## Task goal
Return, in their exact form, the lines that lie between the start of the data below and the line containing "snoc-IsDueOrFresh rows r [] n h = tt", with both ends included.

───── Entries supplied ─────

-- ===== src/Tools/Runs.antt =====
-- What holds of the tool calls on the screen, whatever happens.
use tuxwall.Base.{
  ℕ, ◌≡◌, refl, ap, sym, ◌∙◌, String, false, inl, inr, Option, none, some, List, [], ◌∷◌, ◌++◌, map,
  any, ◌==◌, All, All-append, All-imp, arith, if-elim, Bool-cases,
}
use tuxwall.Base.Texts.{Distinct, Distinct-snoc, contains}
use tuxwall.Tools.{
  Part, Row, Group, Screen, in_group, has_key, updated, new_row, new_group, head_of, group_for,
  tool_update, added, tool_row, flip_out, flip_body, Event, part_came, row_clicked, head_clicked,
  cleared, empty, handle, run,
}
use tuxwall.Tools.Heads.{
  keys, IsFresh, IsDueOrFresh, updated-IsMild, keys-on_key, updates-IsFresh, entries-flip_out,
  entries-snoc, group_of-snoc,
}

-- No two rows are for the same call, and each head says what its entries say.
abbrev pub IsSound : Screen → Type 0
IsSound s = Distinct (keys s.rows) × All (IsFresh s.rows) s.groups

contains-keys : (rows : List Row) (k : String) → contains (keys rows) k ≡ has_key k rows
contains-keys [] k = refl
contains-keys (r ∷ rows) k = ground (arith, contains-keys rows k)

keys-snoc : (rows : List Row) (r : Row) → keys (rows ++ r ∷ []) ≡ keys rows ++ r.key ∷ []
keys-snoc [] r = refl
keys-snoc (q ∷ rows) r = ap (q.key ∷◌) (keys-snoc rows r)

-- A row is added that the groups of `gs` do not know, or belong to.
snoc-IsDueOrFresh :
    (rows : List Row) (r : Row) (gs : List Group)
    → has_key r.key rows ≡ false
    → All (IsFresh rows) gs
    → All (IsDueOrFresh r.key (rows ++ r ∷ [])) gs
snoc-IsDueOrFresh rows r [] n h = tt
snoc-IsDueOrFresh rows r (g ∷ gs) n h = (
  elim (Bool-cases (in_group g.anchor r.group)) [
    | inl e ↦ inl (ap (in_group g.anchor) (group_of-snoc rows r n) ∙ e)
    | inr e ↦ inr (h.0 ∙ ap head_of (sym (entries-snoc g.anchor rows r e)))
  ],
  snoc-IsDueOrFresh rows r gs n h.1,
)

group_for-IsDueOrFresh :
    (rows : List Row) (r : Row) (o : Option ℕ) (gs : List Group)
    → r.group ≡ o
    → has_key r.key rows ≡ false
    → All (IsFresh rows) gs
    → All (IsDueOrFresh r.key (rows ++ r ∷ [])) (group_for o gs)
group_for-IsDueOrFresh rows r none gs o n h = snoc-IsDueOrFresh rows r gs n h
group_for-IsDueOrFresh rows r (some a) gs o n h =
    let old = snoc-IsDueOrFresh rows r gs n h in
    if-elim (All (IsDueOrFresh r.key (rows ++ r ∷ []))) (any (λ g. g.anchor == a) gs) gs
      (gs ++ new_group a ∷ []) (λ e. old)
      (λ e.
        All-append _ gs (new_group a ∷ []) old
          (inl (ap (in_group a) (group_of-snoc rows r n ∙ o) ∙ ground arith), tt))

added-IsDueOrFresh :
    (p : Part) (anchor : Option ℕ) (s : Screen)
    → IsSound s
    → Distinct (keys (added p anchor s).rows)
      × All (IsDueOrFresh p.key (added p anchor s).rows) (added p anchor s).groups
added-IsDueOrFresh p anchor s h =
    if-elim (λ t. Distinct (keys t.rows) × All (IsDueOrFresh p.key t.rows) t.groups)
      (has_key p.key s.rows) s _ (λ e. (h.0, All-imp _ _ (λ g f. inr f) s.groups h.1))
      (λ e. (
        rw (keys-snoc s.rows (new_row p anchor))
            (Distinct-snoc (keys s.rows) p.key (contains-keys s.rows p.key ∙ e) h.0),
        group_for-IsDueOrFresh s.rows (new_row p anchor) anchor s.groups refl e h.1,
      ))

tool_row-IsSound :
    (p : Part) (anchor : Option ℕ) (s : Screen) → IsSound s → IsSound (tool_row p anchor s)
unfolding tool_row tool_update
tool_row-IsSound p anchor s h =
    let t = added p anchor s in
    let k = added-IsDueOrFresh p anchor s h in
    (
      rw (keys-on_key p.key (updated p) t.rows (updated-IsMild p)) k.0,
      updates-IsFresh p t.rows t.groups k.1,
    )

flip_body-IsFresh :
    (a : ℕ) (rows : List Row) (gs : List Group)
    → All (IsFresh rows) gs
    → All (IsFresh rows) (map (flip_body a) gs)
flip_body-IsFresh a rows [] h = tt
flip_body-IsFresh a rows (g ∷ gs) h = (
  if-elim (IsFresh rows) (g.anchor == a) _ g (λ e. h.0) (λ e. h.0),
  flip_body-IsFresh a rows gs h.1,
)

handle-IsSound : (e : Event) (s : Screen) → IsSound s → IsSound (handle e s)
unfolding handle
handle-IsSound (part_came p anchor) s h = tool_row-IsSound p anchor s h
handle-IsSound (row_clicked k) s h = (
  rw (keys-on_key k flip_out s.rows (λ r. (refl, refl))) h.0,
  All-imp _ _ (λ g f. f ∙ ap head_of (sym (entries-flip_out k g.anchor s.rows))) s.groups h.1,
)
handle-IsSound (head_clicked a) s h = (h.0, flip_body-IsFresh a s.rows s.groups h.1)
handle-IsSound cleared s h = (tt, tt)

run_from-IsSound : (es : List Event) (s : Screen) → IsSound s → IsSound (run es s)
unfolding run
run_from-IsSound [] s h = h
run_from-IsSound (e ∷ es) s h = run_from-IsSound es (handle e s) (handle-IsSound e s h)

-- Whatever parts come, in whatever order and for whatever messages, and whatever is clicked and
-- cleared: no two rows are for the same call, and the head of every group, its count of calls, its
-- names and its state, is what its entries make of it as they are.
pub run-IsSound : (es : List Event) → IsSound (run es empty)
run-IsSound es = run_from-IsSound es empty (tt, tt)
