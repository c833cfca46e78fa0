-- ===== src/Tools/Tests.antt =====
-- Two calls before one message, and one that is updated.
use tuxwall.Base.{◌≡◌, refl, none, some, String, List, [], ◌∷◌, map}
use tuxwall.Tools.{
  Part, Event, part_came, head_clicked, empty, handle, run, tool_row, tool_update, head_of,
  count_names, on_key, group_of, group_running,
}
use tuxwall.Tools.Runs.{IsSound, run-IsSound}

abbrev call : String → String → String → Part
call key pretty status = record {
  key = key;
  pretty = pretty;
  arguments = record {
    command = "";
    file_path = "/etc/hosts";
    path = "";
    pattern = "";
    query = "";
    url = "";
  };
  title = "";
  status = status;
  diff_text = "";
  error_text = "";
  output_text = "";
}

abbrev turn : List Event
turn =
    part_came (call "1" "Read" "running") (some 7)
    ∷ part_came (call "2" "Bash" "pending") (some 7)
    ∷ part_came (call "3" "Read" "completed") (some 7)
    ∷ head_clicked 7
    ∷ part_came (call "4" "Edit" "running") none
    ∷ part_came (call "1" "Read" "completed") (some 7)
    ∷ []

turn_test :
    (map (λ g. g.head.count) (run turn empty).groups ≡ 3 ∷ [])
    × (map (λ g. map (λ c. c.n) g.head.names) (run turn empty).groups ≡ (2 ∷ 1 ∷ []) ∷ [])
    × (map (λ g. g.head.shown_state) (run turn empty).groups ≡ group_running ∷ [])
    × (map (λ r. r.detail) (run turn empty).rows
        ≡ "/etc/hosts" ∷ "/etc/hosts" ∷ "/etc/hosts" ∷ "/etc/hosts" ∷ [])
unfolding run handle tool_row tool_update head_of count_names on_key group_of
turn_test = (refl, refl, refl, refl)

run-IsSound_example : IsSound (run turn empty)
run-IsSound_example = run-IsSound turn
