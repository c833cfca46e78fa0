-- ===== src/Unifi.antt =====
-- plugins/wifi-unifi-plugin/web/plugin.js: the plugin for UniFi controllers. The export of the clients
-- is in Unifi/Csv, the numbers of the traffic chart in Unifi/Traffic, settings and requests in
-- Unifi/Settings.
pub mod Csv
pub mod Traffic
pub mod Settings
mod Tests
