-- ===== src/Unifi/Csv.antt =====
-- plugins/wifi-unifi-plugin/web/plugin.js: `exportClientsCsv`. A text is the list of its character
-- codes; a number is given as the text that `String` makes of it.
pub mod Reader
use tuxwall.Base.{
  ℕ, zero, suc, String, Bool, true, false, Option, none, some, List, [], ◌∷◌, ◌++◌, map, ◌==◌,
  if◌then◌else◌,
}
use tuxwall.Base.Texts.{codes}

abbrev pub Text : Type 0
Text = List ℕ

abbrev pub quote : ℕ
quote = 34

abbrev pub comma : ℕ
comma = 44

abbrev pub newline : ℕ
newline = 10

-- What the overview says of a client; a text that is missing is empty.
pub record Client : Type 0 where
  pub name : Text
  pub hostname : Text
  pub ip : Text
  pub mac : Text
  pub ssid : Text
  pub ap : Text
  pub signal : Option Text
  pub rx_rate : Option Text
  pub tx_rate : Option Text
  pub uptime : Text
  pub vlan : Option Text
  pub wired : Bool

abbrev pub text_of : Option Text → Text
text_of none = []
text_of (some t) = t

abbrev pub header : List Text
header = map codes (
    "Client" ∷ "Hostname" ∷ "IP" ∷ "MAC" ∷ "SSID" ∷ "AP" ∷ "Signal dBm" ∷ "Rx Mbps" ∷ "Tx Mbps"
    ∷ "Uptime" ∷ "VLAN" ∷ "Wired" ∷ [])

abbrev pub row_of : Client → List Text
row_of c =
    c.name
    ∷ c.hostname
    ∷ c.ip
    ∷ c.mac
    ∷ c.ssid
    ∷ c.ap
    ∷ text_of c.signal
    ∷ text_of c.rx_rate
    ∷ text_of c.tx_rate
    ∷ c.uptime
    ∷ text_of c.vlan
    ∷ codes (if c.wired then "yes" else "no")
    ∷ []

abbrev pub rows_of : List Client → List (List Text)
rows_of clients = header ∷ map row_of clients

-- `replace(/"/g, '""')`
unfoldable pub doubled : Text → Text
doubled [] = []
doubled (c ∷ cs) = let rest = doubled cs in if c == quote then quote ∷ quote ∷ rest else c ∷ rest

abbrev pub quoted : Text → Text
quoted t = quote ∷ doubled t ++ quote ∷ []

-- `join`
unfoldable pub join : ℕ → List Text → Text
join sep [] = []
join sep (t ∷ []) = t
join sep (t ∷ u ∷ us) = t ++ sep ∷ join sep (u ∷ us)

abbrev pub line_of : List Text → Text
line_of row = join comma (map quoted row)

unfoldable pub csv_of : List (List Text) → Text
csv_of rows = join newline (map line_of rows)

-- The content of the file.
unfoldable pub export_clients_csv : List Client → Text
export_clients_csv clients = csv_of (rows_of clients)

─────

## Your response
-- ===== src/Tools/Runs.antt =====
-- What holds of the tool calls on the screen, whatever happens.
use tuxwall.Base.{
  ℕ, ◌≡◌, refl, ap, sym, ◌∙◌, String, false, inl, inr, Option, none, some, List, [], ◌∷◌, ◌++◌, map,
  any, ◌==◌, All, All-append, All-imp, arith, if-elim, Bool-cases,
}
use tuxwall.Base.Texts.{Distinct, Distinct-snoc, contains}
use tuxwall.Tools.{
  Part, Row, Group, Screen, in_group, has_key, updated, new_row, new_group, head_of, group_for,
  tool_update, added, tool_row, flip_out, flip_body, Event, part_came, row_clicked, head_clicked,
  cleared, empty, handle, run,
}
use tuxwall.Tools.Heads.{
  keys, IsFresh, IsDueOrFresh, updated-IsMild, keys-on_key, updates-IsFresh, entries-flip_out,
  entries-snoc, group_of-snoc,
}

-- No two rows are for the same call, and each head says what its entries say.
abbrev pub IsSound : Screen → Type 0
IsSound s = Distinct (keys s.rows) × All (IsFresh s.rows) s.groups

contains-keys : (rows : List Row) (k : String) → contains (keys rows) k ≡ has_key k rows
contains-keys [] k = refl
contains-keys (r ∷ rows) k = ground (arith, contains-keys rows k)

keys-snoc : (rows : List Row) (r : Row) → keys (rows ++ r ∷ []) ≡ keys rows ++ r.key ∷ []
keys-snoc [] r = refl
keys-snoc (q ∷ rows) r = ap (q.key ∷◌) (keys-snoc rows r)

-- A row is added that the groups of `gs` do not know, or belong to.
snoc-IsDueOrFresh :
    (rows : List Row) (r : Row) (gs : List Group)
    → has_key r.key rows ≡ false
    → All (IsFresh rows) gs
    → All (IsDueOrFresh r.key (rows ++ r ∷ [])) gs
snoc-IsDueOrFresh rows r [] n h = tt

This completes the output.